# What you will do
Starting with the first line of the records, write out each line exactly until you have included the line containing "text_of none = some".

# Recorded data
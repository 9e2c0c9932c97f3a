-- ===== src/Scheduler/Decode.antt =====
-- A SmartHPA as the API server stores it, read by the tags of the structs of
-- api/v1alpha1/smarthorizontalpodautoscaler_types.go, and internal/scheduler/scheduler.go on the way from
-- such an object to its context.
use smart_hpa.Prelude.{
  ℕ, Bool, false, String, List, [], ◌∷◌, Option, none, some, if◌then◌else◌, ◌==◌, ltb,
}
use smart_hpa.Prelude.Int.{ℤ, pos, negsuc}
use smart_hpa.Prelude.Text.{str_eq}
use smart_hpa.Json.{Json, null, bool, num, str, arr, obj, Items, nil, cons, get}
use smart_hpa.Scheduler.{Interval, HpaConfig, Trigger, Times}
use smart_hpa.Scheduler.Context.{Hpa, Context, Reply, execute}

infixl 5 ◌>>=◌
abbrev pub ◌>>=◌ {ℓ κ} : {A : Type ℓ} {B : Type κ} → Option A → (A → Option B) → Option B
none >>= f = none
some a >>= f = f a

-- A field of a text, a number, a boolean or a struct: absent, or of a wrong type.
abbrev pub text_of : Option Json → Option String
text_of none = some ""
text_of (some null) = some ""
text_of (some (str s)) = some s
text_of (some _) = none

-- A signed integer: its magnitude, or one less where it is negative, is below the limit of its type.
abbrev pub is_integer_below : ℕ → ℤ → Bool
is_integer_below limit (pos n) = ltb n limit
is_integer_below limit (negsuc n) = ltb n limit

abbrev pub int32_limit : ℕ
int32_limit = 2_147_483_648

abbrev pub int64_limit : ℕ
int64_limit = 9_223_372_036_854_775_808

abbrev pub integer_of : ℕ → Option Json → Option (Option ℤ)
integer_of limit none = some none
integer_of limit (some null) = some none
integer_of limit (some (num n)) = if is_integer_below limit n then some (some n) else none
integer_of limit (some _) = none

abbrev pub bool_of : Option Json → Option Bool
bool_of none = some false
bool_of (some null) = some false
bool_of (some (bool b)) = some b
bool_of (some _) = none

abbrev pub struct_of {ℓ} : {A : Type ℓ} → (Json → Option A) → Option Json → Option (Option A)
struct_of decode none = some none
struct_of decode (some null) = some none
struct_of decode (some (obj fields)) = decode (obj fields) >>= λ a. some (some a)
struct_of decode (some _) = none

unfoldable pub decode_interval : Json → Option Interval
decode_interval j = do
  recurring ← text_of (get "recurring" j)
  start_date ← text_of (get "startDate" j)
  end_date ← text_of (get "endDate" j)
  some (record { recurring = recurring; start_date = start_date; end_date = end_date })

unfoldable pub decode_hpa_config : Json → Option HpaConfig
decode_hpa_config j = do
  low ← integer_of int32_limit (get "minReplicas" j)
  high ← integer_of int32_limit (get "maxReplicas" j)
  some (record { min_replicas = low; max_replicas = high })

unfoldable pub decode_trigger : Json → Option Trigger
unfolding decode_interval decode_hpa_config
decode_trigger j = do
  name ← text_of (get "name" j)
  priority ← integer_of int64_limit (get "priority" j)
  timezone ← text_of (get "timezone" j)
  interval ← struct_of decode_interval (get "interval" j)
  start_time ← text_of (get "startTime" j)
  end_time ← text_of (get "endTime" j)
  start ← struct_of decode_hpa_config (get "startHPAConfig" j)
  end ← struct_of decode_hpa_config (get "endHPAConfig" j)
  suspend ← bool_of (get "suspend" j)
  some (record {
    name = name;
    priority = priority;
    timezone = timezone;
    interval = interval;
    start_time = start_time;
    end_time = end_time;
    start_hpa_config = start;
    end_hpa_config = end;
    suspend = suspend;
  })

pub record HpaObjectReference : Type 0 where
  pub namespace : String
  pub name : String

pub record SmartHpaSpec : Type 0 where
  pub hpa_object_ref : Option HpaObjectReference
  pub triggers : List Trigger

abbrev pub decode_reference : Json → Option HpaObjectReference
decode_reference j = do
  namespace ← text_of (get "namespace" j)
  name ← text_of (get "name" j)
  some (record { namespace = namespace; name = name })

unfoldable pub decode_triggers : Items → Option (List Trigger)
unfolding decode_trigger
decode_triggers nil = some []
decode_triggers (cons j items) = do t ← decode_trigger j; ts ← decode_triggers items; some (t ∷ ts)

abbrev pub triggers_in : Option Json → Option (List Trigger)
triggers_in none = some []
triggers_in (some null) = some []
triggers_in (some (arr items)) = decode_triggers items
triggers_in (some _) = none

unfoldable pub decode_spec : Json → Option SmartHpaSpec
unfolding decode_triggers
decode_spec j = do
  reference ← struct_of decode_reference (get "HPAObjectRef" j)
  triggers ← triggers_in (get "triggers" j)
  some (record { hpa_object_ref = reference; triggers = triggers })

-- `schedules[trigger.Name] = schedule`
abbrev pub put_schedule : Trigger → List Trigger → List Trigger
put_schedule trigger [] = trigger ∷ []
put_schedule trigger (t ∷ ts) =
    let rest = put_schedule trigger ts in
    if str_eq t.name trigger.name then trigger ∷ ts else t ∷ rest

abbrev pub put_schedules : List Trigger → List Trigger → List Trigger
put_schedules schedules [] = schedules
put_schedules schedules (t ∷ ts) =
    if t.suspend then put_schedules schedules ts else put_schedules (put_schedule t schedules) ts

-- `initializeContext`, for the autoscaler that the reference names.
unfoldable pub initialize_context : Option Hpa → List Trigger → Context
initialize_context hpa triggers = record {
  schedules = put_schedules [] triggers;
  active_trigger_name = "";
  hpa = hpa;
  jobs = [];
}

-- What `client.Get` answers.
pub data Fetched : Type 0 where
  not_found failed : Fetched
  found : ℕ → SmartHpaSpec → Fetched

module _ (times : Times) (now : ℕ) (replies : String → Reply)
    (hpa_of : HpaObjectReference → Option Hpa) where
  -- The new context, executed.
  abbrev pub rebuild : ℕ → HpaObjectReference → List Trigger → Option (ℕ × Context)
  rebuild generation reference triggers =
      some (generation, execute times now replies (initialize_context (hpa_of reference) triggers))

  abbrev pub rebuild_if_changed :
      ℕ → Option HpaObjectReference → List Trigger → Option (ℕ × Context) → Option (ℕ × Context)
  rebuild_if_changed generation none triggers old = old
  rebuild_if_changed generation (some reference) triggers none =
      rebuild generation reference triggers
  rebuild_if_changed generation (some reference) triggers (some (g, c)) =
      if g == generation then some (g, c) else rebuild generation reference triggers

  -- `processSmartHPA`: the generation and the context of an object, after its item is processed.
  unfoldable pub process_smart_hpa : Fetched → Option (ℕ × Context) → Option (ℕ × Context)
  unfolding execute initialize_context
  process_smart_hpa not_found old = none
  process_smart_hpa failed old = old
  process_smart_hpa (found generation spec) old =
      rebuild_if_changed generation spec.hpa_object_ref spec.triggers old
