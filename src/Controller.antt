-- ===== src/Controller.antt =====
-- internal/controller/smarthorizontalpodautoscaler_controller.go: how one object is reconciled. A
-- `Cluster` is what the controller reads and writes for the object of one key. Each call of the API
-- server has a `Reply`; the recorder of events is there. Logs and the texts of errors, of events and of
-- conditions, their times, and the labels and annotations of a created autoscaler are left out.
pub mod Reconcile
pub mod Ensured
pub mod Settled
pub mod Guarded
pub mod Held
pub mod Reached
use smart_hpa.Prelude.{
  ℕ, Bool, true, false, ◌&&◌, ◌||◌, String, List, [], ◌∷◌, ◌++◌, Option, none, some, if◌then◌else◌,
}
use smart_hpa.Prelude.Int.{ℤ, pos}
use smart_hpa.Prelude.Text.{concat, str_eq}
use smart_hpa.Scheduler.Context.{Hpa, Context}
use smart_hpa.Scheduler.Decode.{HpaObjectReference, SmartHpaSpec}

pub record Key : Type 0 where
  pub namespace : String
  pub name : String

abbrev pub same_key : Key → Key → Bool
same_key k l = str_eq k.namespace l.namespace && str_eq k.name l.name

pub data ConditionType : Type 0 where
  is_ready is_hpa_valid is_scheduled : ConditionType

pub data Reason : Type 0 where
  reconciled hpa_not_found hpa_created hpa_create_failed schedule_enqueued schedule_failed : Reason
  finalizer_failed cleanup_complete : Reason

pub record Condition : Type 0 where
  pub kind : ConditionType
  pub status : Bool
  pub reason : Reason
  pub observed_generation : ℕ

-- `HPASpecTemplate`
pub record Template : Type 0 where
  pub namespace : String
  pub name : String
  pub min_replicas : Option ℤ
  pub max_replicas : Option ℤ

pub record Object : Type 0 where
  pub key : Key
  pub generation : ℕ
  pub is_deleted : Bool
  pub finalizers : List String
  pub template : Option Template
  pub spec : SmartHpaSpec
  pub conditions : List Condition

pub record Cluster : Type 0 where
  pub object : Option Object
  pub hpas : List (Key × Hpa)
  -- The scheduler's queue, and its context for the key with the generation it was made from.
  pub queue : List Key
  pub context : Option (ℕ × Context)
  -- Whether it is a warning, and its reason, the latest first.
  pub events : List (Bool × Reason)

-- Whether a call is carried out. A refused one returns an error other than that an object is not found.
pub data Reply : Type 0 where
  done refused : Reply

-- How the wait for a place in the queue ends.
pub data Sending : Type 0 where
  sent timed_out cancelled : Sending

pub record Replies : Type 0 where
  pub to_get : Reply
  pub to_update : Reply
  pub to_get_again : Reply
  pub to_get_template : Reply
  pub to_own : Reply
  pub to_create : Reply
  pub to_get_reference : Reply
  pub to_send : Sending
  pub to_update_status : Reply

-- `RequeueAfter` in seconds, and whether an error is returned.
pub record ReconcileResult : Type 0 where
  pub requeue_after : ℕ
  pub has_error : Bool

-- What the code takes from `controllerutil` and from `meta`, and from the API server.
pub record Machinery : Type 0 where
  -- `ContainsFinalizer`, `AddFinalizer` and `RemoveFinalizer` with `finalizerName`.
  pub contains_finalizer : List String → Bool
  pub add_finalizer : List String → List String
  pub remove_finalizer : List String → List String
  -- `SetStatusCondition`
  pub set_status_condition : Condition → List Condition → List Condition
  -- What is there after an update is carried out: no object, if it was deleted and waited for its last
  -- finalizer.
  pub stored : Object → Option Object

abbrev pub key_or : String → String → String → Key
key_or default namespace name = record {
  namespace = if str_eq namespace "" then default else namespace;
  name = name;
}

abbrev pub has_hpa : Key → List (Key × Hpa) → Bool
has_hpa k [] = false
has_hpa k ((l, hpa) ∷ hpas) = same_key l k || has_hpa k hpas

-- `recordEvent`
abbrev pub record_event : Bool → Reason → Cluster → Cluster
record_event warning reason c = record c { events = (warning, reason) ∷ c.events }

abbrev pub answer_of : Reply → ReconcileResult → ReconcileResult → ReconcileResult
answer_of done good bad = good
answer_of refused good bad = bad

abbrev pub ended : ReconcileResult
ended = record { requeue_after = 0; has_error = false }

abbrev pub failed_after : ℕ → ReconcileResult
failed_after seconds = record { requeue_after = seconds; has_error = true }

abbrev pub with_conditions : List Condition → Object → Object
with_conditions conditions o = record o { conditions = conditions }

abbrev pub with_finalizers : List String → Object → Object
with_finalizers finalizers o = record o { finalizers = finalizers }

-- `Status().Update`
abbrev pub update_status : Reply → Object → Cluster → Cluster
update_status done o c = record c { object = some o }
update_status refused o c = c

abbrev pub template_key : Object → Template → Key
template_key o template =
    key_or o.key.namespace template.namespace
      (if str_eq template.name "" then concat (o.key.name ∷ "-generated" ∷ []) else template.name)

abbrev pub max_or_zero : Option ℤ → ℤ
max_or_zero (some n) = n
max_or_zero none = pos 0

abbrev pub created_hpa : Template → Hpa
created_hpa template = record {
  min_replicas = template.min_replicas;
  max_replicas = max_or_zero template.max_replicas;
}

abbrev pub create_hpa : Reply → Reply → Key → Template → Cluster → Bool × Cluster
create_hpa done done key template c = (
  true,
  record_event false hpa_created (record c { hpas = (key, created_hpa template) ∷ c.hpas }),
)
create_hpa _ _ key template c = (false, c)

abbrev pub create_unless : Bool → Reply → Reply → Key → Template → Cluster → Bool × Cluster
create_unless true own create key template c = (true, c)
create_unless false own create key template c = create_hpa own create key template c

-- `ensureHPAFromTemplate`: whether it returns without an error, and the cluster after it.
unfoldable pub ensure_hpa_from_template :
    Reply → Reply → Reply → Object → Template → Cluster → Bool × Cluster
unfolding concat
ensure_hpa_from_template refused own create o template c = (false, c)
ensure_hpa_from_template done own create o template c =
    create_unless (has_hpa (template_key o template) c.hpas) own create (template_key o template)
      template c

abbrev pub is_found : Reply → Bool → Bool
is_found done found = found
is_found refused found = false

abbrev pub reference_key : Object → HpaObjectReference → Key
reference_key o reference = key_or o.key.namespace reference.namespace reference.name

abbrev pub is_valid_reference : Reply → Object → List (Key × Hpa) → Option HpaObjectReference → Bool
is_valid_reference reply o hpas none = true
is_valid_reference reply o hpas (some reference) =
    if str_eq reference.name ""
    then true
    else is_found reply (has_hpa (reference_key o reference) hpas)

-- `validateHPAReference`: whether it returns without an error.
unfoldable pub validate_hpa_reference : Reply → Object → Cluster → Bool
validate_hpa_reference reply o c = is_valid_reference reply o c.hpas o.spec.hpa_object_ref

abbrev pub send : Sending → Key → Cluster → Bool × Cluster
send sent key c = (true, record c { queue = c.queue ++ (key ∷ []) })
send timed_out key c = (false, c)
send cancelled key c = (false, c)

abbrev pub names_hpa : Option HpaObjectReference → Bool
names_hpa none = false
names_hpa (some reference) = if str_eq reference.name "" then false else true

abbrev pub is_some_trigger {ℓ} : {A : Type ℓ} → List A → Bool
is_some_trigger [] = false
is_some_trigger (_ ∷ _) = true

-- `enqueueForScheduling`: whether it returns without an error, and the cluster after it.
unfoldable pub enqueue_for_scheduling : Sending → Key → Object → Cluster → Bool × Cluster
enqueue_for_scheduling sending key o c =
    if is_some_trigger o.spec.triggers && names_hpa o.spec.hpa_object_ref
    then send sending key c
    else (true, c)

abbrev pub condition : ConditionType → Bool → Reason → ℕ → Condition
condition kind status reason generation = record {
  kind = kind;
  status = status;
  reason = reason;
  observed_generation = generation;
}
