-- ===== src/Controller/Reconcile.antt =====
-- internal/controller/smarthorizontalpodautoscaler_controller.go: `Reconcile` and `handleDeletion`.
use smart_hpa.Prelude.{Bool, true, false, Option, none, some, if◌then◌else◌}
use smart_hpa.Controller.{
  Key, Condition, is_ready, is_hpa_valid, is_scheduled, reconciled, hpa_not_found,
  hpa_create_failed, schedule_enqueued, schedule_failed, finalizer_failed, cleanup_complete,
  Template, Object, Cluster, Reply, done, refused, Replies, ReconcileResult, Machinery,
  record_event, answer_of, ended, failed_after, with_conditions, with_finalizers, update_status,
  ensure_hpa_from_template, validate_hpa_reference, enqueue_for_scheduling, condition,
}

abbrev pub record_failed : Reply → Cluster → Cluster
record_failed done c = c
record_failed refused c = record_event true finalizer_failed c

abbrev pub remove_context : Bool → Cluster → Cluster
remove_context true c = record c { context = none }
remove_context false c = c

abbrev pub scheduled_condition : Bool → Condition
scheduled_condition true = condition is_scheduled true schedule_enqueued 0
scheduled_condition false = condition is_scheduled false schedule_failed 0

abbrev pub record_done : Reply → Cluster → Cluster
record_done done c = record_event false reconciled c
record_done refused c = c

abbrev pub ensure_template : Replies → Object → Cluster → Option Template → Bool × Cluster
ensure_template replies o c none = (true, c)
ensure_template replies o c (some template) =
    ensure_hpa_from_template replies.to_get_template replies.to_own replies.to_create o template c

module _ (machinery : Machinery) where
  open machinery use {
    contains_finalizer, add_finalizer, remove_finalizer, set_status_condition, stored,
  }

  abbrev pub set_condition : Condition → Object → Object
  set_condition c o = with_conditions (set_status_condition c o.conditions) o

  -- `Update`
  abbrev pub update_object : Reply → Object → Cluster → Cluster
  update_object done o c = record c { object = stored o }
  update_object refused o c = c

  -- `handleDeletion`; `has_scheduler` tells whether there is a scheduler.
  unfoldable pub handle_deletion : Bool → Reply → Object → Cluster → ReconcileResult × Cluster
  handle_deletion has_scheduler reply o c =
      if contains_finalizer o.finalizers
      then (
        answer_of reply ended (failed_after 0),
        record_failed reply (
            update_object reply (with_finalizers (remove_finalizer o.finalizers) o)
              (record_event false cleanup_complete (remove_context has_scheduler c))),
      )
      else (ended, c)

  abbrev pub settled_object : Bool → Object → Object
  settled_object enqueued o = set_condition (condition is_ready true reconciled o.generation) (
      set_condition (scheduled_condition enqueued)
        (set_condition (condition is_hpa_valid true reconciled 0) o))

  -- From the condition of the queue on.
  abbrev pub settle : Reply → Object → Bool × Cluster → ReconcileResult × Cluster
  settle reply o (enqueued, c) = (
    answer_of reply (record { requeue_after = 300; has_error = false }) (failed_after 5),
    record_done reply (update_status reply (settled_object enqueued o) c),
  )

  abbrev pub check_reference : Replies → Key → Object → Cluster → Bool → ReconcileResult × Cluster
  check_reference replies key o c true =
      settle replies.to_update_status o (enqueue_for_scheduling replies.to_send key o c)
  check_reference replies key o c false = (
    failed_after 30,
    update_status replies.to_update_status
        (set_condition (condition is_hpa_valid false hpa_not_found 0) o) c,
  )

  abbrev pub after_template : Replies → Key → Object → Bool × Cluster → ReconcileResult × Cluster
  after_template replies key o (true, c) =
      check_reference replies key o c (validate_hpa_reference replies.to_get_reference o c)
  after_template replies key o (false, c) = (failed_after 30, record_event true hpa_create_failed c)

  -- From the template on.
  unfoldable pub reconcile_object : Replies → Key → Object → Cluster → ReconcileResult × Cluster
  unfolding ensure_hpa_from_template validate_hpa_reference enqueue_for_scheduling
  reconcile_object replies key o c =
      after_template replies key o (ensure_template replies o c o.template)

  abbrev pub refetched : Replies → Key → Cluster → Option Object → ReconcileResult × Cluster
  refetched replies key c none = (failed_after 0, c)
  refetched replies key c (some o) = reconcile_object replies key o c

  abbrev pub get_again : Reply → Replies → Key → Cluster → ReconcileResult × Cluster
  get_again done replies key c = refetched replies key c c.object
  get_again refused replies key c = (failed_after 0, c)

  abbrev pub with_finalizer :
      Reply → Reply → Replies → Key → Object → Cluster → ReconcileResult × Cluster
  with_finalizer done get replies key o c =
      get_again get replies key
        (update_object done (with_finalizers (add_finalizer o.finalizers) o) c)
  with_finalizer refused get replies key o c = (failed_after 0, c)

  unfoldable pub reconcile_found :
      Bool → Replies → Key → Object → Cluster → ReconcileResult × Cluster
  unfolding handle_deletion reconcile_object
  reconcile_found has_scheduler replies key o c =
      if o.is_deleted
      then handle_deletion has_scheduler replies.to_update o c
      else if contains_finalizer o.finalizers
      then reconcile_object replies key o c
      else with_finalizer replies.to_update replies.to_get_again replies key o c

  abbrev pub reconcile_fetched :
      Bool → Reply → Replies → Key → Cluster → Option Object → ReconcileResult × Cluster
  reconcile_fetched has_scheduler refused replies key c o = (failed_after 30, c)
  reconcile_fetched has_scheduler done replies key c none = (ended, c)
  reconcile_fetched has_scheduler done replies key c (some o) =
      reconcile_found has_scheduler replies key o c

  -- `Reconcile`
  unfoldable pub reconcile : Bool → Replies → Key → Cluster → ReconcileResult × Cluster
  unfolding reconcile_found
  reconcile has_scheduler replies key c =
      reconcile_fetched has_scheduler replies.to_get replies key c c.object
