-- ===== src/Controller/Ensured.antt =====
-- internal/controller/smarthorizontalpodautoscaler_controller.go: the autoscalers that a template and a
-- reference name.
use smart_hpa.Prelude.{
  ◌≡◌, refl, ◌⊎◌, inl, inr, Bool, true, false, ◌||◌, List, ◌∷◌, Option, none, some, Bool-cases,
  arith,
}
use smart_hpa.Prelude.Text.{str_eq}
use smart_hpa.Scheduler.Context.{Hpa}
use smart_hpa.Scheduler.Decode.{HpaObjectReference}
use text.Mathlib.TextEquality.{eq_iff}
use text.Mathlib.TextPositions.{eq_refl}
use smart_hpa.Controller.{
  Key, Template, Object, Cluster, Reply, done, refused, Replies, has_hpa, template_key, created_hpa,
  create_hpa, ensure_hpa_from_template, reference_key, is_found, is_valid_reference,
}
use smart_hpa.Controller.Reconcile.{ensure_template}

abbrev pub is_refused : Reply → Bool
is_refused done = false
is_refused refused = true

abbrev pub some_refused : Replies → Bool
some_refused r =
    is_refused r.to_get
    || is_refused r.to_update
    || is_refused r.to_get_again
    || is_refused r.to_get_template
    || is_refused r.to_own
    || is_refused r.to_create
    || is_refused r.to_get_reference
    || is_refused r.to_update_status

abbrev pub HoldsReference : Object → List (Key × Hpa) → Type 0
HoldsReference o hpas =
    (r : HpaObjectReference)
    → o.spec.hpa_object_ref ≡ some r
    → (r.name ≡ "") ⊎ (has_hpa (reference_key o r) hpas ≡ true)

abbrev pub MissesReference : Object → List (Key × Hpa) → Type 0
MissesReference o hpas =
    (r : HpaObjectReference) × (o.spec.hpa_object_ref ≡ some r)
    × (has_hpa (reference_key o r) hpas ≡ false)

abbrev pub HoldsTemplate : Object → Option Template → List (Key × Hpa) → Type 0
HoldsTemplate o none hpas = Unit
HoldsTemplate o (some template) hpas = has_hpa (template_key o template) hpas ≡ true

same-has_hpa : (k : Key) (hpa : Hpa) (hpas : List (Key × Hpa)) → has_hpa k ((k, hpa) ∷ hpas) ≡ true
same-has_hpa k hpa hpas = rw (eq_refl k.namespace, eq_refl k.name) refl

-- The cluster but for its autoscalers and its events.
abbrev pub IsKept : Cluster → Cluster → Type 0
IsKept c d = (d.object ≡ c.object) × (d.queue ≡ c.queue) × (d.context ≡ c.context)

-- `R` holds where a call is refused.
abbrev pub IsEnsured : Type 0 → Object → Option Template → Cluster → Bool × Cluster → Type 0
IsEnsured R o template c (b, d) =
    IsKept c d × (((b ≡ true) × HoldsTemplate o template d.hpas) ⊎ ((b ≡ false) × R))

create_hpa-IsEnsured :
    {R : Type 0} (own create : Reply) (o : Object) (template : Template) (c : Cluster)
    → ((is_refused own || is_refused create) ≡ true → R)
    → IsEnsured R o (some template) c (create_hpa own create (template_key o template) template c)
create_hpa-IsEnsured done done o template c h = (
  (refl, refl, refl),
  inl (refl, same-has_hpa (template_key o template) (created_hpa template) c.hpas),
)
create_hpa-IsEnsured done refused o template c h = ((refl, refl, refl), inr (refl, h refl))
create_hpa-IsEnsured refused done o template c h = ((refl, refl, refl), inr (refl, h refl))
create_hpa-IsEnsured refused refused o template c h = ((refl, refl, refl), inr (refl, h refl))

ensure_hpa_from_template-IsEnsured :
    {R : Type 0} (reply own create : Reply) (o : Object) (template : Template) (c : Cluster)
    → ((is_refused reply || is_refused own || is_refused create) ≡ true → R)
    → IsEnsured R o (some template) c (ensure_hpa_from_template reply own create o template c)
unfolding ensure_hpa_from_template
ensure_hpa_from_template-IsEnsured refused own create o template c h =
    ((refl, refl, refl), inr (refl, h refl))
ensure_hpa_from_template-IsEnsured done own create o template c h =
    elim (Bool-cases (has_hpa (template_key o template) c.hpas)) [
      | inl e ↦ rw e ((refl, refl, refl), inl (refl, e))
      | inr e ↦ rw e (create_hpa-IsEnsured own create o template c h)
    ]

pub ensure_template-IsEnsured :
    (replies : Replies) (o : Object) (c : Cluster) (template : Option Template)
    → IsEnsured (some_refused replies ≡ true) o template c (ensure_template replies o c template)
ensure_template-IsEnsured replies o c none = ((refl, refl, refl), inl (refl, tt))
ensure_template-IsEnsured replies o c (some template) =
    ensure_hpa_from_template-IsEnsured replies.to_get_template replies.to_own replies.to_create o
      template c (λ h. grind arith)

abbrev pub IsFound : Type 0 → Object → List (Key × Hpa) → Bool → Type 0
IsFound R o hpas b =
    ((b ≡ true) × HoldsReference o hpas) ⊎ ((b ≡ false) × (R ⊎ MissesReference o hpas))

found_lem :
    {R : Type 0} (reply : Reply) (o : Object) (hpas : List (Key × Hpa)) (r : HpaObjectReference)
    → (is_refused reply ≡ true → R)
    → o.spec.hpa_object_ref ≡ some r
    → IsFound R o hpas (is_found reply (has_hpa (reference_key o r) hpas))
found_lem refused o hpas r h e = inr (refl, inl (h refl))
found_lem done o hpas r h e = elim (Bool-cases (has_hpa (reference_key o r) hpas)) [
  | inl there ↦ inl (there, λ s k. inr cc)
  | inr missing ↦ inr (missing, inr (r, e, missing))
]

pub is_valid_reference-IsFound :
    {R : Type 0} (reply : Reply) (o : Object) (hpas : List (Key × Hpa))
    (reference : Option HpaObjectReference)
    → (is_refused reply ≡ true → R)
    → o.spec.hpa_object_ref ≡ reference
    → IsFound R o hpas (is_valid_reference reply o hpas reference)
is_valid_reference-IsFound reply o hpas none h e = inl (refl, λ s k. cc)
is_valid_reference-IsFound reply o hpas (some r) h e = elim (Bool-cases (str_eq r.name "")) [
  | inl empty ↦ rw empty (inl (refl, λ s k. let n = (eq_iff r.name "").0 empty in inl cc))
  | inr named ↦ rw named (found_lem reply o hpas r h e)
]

# Response area
repository 9e2c0c9932c97f3a
-- ===== src/Scheduler/Decode.antt =====
-- A SmartHPA as the API server stores it, read by the tags of the structs of
-- api/v1alpha1/smarthorizontalpodautoscaler_types.go, and internal/scheduler/scheduler.go on the way from
-- such an object to its context.
use smart_hpa.Prelude.{
  ℕ, Bool, false, String, List, [], ◌∷◌, Option, none, some, if◌then◌else◌, ◌==◌, ltb,
}
use smart_hpa.Prelude.Int.{ℤ, pos, negsuc}
use smart_hpa.Prelude.Text.{str_eq}
use smart_hpa.Json.{Json, null, bool, num, str, arr, obj, Items, nil, cons, get}
use smart_hpa.Scheduler.{Interval, HpaConfig, Trigger, Times}
use smart_hpa.Scheduler.Context.{Hpa, Context, Reply, execute}

infixl 5 ◌>>=◌
abbrev pub ◌>>=◌ {ℓ κ} : {A : Type ℓ} {B : Type κ} → Option A → (A → Option B) → Option B
none >>= f = none
some a >>= f = f a

-- A field of a text, a number, a boolean or a struct: absent, or of a wrong type.
abbrev pub text_of : Option Json → Option String
text_of none = some ""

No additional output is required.